-- ===== src/Api/State.antt =====
-- api/v1/store_status.go: the states of a store and of a deployment. A Go string type that holds
-- one of a few constants is a data type; `other` stands for every text that is not a constant.
use shopware_operator.Prelude.{String, Bool, true, false, ◌||◌, List, [], ◌∷◌, ◌==◌}

pub data AppState : Type 0 where
  empty wait setup setup_error initializing migration migration_error ready : AppState
  other : String → AppState

pub data DeploymentState : Type 0 where
  unknown error not_found running scaling : DeploymentState

-- `string(state)`
unfoldable pub state_text : AppState → String
state_text empty = ""
state_text wait = "waiting"
state_text setup = "setup"
state_text setup_error = "setup_error"
state_text initializing = "initializing"
state_text migration = "migrating"
state_text migration_error = "migrating_error"
state_text ready = "ready"
state_text (other s) = s

-- `==` on states
abbrev pub same_state : AppState → AppState → Bool
same_state empty empty = true
same_state wait wait = true
same_state setup setup = true
same_state setup_error setup_error = true
same_state initializing initializing = true
same_state migration migration = true
same_state migration_error migration_error = true
same_state ready ready = true
same_state (other s) (other t) = s == t
same_state _ _ = false

-- `slices.Contains(states, s)`
abbrev pub is_one_of : AppState → List AppState → Bool
is_one_of s [] = false
is_one_of s (t ∷ ts) = same_state t s || is_one_of s ts

abbrev pub same_deployment_state : DeploymentState → DeploymentState → Bool
same_deployment_state unknown unknown = true
same_deployment_state error error = true
same_deployment_state not_found not_found = true
same_deployment_state running running = true
same_deployment_state scaling scaling = true
same_deployment_state _ _ = false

+ + +

Copy out every line of the data that includes "Bool".

__SOLUTION__
use shopware_operator.Prelude.{String, Bool, true, false, ◌||◌, List, [], ◌∷◌, ◌==◌}
abbrev pub same_state : AppState → AppState → Bool
abbrev pub is_one_of : AppState → List AppState → Bool
abbrev pub same_deployment_state : DeploymentState → DeploymentState → Bool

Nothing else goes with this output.